The research will focus on estimating the number of lake trout currently in Priest Lake as well as key characteristics, such as growth and survival rates and food habits. To capture trout for the population estimate, large-scale commercial netting equipment will be used, similar to that being used in Lake Pend Oreille. From March through May, deep-water trap nets and short-duration set gillnets will be used to capture, measure and mark lake trout with an individually numbered tag. Though a small number of fish will be sacrificed for age and stomach analysis, as many marked fish as possible will be released back to the lake unharmed.
The research project is the beginning of an effort to develop a more complete understanding of the Priest Lake fishery - to include zooplankton, kokanee, Mysis shrimp and lake trout. Ultimately, the information will be used to help develop a long-term management plan for Priest Lake.

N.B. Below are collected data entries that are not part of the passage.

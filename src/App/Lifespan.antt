-- ===== src/App/Lifespan.antt =====
-- The order in which `lifespan` opens and closes what it holds.
use marcel_arch.Prelude.{String, ◌≡◌, ◌⊎◌, refl, ap, ◌∙◌, inl, inr, Option, List, [], ◌∷◌, ◌++◌}
use marcel_arch.Prelude.Result.{Exn, Result, ok, err, Result-cases}
use marcel_arch.Audit.{AuditSigner, make_signer}
use marcel_arch.Config.{Settings, engine_options, validate}
use marcel_arch.Config.Usable.{validate-IsUsable}
use marcel_arch.App.{
  Call, create_engine, from_url, ping, create_database_schema, serving, aclose, dispose, app_state,
  last_raise, lifespan,
}

-- The calls before the first request.
abbrev pub startup : Settings → List Call
startup s =
    create_engine (engine_options s) ∷ from_url s.redis_url ∷ ping ∷ create_database_schema ∷ []

module _ (outside : Call → Result (Unit {0})) (s : Settings) where
  -- The calls at the end, and what they end in: where the server cannot be closed, the engine is not
  -- disposed of.
  abbrev pub closing : Result (Unit {0}) → List Call
  closing (ok done) = aclose ∷ dispose ∷ []
  closing (err e) = aclose ∷ []

  abbrev pub closed : Result (Unit {0}) → Result (Unit {0})
  closed (ok done) = outside dispose
  closed (err e) = err e

  -- A run that serves requests, and ends whatever they end in.
  pub record Served (out : Result (Unit {0}) × List Call) : Type 0 where
    pub engine : outside (create_engine (engine_options s)) ≡ ok tt
    pub redis : outside (from_url s.redis_url) ≡ ok tt
    pub pinged : outside ping ≡ ok tt
    pub schema : outside create_database_schema ≡ ok tt
    pub signer : AuditSigner
    pub signs : make_signer s.audit_hmac_key ≡ ok signer
    pub calls : out.1 ≡ startup s ++ serving (app_state s signer) ∷ closing (outside aclose)
    pub ending :
        out.0
        ≡ last_raise outside (outside (serving (app_state s signer))) (closed (outside aclose))

  -- A run in which a call of the startup raises: it is the last one.
  pub record Aborted (out : Result (Unit {0}) × List Call) : Type 0 where
    pub error : Exn
    pub before : List Call
    pub last : Call
    pub rest : List Call
    pub order : startup s ≡ before ++ last ∷ rest
    pub raised : outside last ≡ err error
    pub ended : out ≡ (err error, before ++ last ∷ [])

  -- Everything is opened: the requests are served, and the server and the engine are closed.
  all_open :
      (signer : AuditSigner)
      → make_signer s.audit_hmac_key ≡ ok signer
      → outside (create_engine (engine_options s)) ≡ ok tt
      → outside (from_url s.redis_url) ≡ ok tt
      → outside ping ≡ ok tt
      → outside create_database_schema ≡ ok tt
      → Served (lifespan outside s [])
  unfolding lifespan
  all_open signer signs q1 q2 q3 q4 =
      let run = lifespan outside s [] in
      let state = app_state s signer in
      let ends : (run.1 ≡ startup s ++ serving state ∷ closing (outside aclose))
          × (run.0 ≡ last_raise outside (outside (serving state)) (closed (outside aclose))) =
        elim (Result-cases (outside aclose)) [
          | inl (u, a) ↦ simp (q1, q2, q3, q4, signs, a) (refl, refl)
          | inr (e, a) ↦ simp (q1, q2, q3, q4, signs, a) (refl, refl)
        ] in
      record {
        engine = q1;
        redis = q2;
        pinged = q3;
        schema = q4;
        signer = signer;
        signs = signs;
        calls = ends.0;
        ending = ends.1;
      }

  lifespan-cases :
      (signer : AuditSigner)
      → make_signer s.audit_hmac_key ≡ ok signer
      → Served (lifespan outside s []) ⊎ Aborted (lifespan outside s [])
  unfolding lifespan
  lifespan-cases signer signs = elim (Result-cases (outside (create_engine (engine_options s)))) [
    | inr (e, q) ↦ inr (record {
      error = e;
      before = [];
      last = create_engine (engine_options s);
      rest = from_url s.redis_url ∷ ping ∷ create_database_schema ∷ [];
      order = refl;
      raised = q;
      ended = simp q refl;
    })
    | inl (u1, q1) ↦ elim (Result-cases (outside (from_url s.redis_url))) [
      | inr (e, q) ↦ inr (record {
        error = e;
        before = create_engine (engine_options s) ∷ [];
        last = from_url s.redis_url;
        rest = ping ∷ create_database_schema ∷ [];
        order = refl;
        raised = q;
        ended = simp (q1, q) refl;
      })
      | inl (u2, q2) ↦ elim (Result-cases (outside ping)) [
        | inr (e, q) ↦ inr (record {
          error = e;
          before = create_engine (engine_options s) ∷ from_url s.redis_url ∷ [];
          last = ping;
          rest = create_database_schema ∷ [];
          order = refl;
          raised = q;
          ended = simp (q1, q2, q) refl;
        })
        | inl (u3, q3) ↦ elim (Result-cases (outside create_database_schema)) [
          | inr (e, q) ↦ inr (record {
            error = e;
            before = create_engine (engine_options s) ∷ from_url s.redis_url ∷ ping ∷ [];
            last = create_database_schema;
            rest = [];
            order = refl;
            raised = q;
            ended = simp (q1, q2, q3, q) refl;
          })
          | inl (u4, q4) ↦ inl (all_open signer signs q1 q2 q3 q4)
        ]
      ]
    ]
  ]

  -- With settings that are valid, `lifespan` ends in one of two ways. The four calls of the startup
  -- return, the requests are served, and however they end the server is closed, and behind it the
  -- engine unless that raised. Or a call of the startup raises: then that is what is raised, no request
  -- is served, no later call is made, and neither the server nor the engine is closed.
  pub lifespan_lem :
      (scheme_of : String → Option String) (given : Settings)
      → validate scheme_of given ≡ ok s
      → Served (lifespan outside s []) ⊎ Aborted (lifespan outside s [])
  lifespan_lem scheme_of given h =
      let (same, usable) = validate-IsUsable scheme_of given s h in
      lifespan-cases (record { key = given.audit_hmac_key })
        (ap (λ (t : Settings). make_signer t.audit_hmac_key) same ∙ usable.signs)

Historically, Priest and Upper Priest lakes both provided popular sport fisheries for native cutthroat and bull trout. Kokanee were introduced in the 1930s and 1940s. They not only provided an abundant food source for bull trout, they rapidly became the most popular sport fish, supporting a harvest of 50,000 to100,000 fish and 15,000 angler days every year.
The popular cutthroat, bull trout and kokanee fisheries lasted through the 1970s but abruptly collapsed in the 1980s when the population of lake trout exploded after the introduction of Mysis shrimp. Through the 1980s millions of kokanee fry and hundreds of thousands of cutthroat fingerlings were stocked in Priest Lake and its tributaries in an effort to overcome the predation impact of lake trout. The efforts were unsuccessful.
The fishery shifted from a diverse yield and trophy fishery to one dominated by lake trout. Though popular with some anglers, overall participation in the fishery declined by a third to a half since the 1950s, despite a near tripling in the area's human population over the same period.
The average size of lake trout declined over the years as anglers targeted lake trout, and the prey base disappeared. In the 1970s, the lightly harvested population, about 200 fish per year, resulted in lake trout averaging about 20 pounds, and the 57½-pound state record lake trout was caught in 1971. By 1983, annual harvest increased to almost 5,000, but average size declined to 4 pounds. Annual harvest was nearly 30,000 lake trout by 2003, but the average weight was only 2.1 pounds.
Fish and Game has adopted a variety of rules in response to the declining size of lake trout. Restricting harvest, however, had little impact, and tagging studies show the decrease in size is a function of poor growth rates rather than harvest. Though lake trout grow well to 14-16 inches feeding on Mysis shrimp, growth rates of mature lake trout, 18-20 inches, are typically less than a half inch per year. Without abundant prey fish in the system, growth rates are insufficient to produce many trophy size fish, regardless of rules.
Angler opinions about management direction for Priest Lake have been split since the collapse of kokanee in the late 1970s and domination of the fishery by lake trout. Many anglers would like to see restoration of a cutthroat, bull trout and kokanee fishery, while others prefer sticking with lake trout. Others pin hopes on the idea that a balance between kokanee and lake trout is feasible.
Regardless of the ultimate management direction set for the lake fishery, the lake trout population estimate will be a tremendously valuable piece of information. Fish and Game will be scheduling a public meeting in late February to discuss the project and answer questions anglers may have.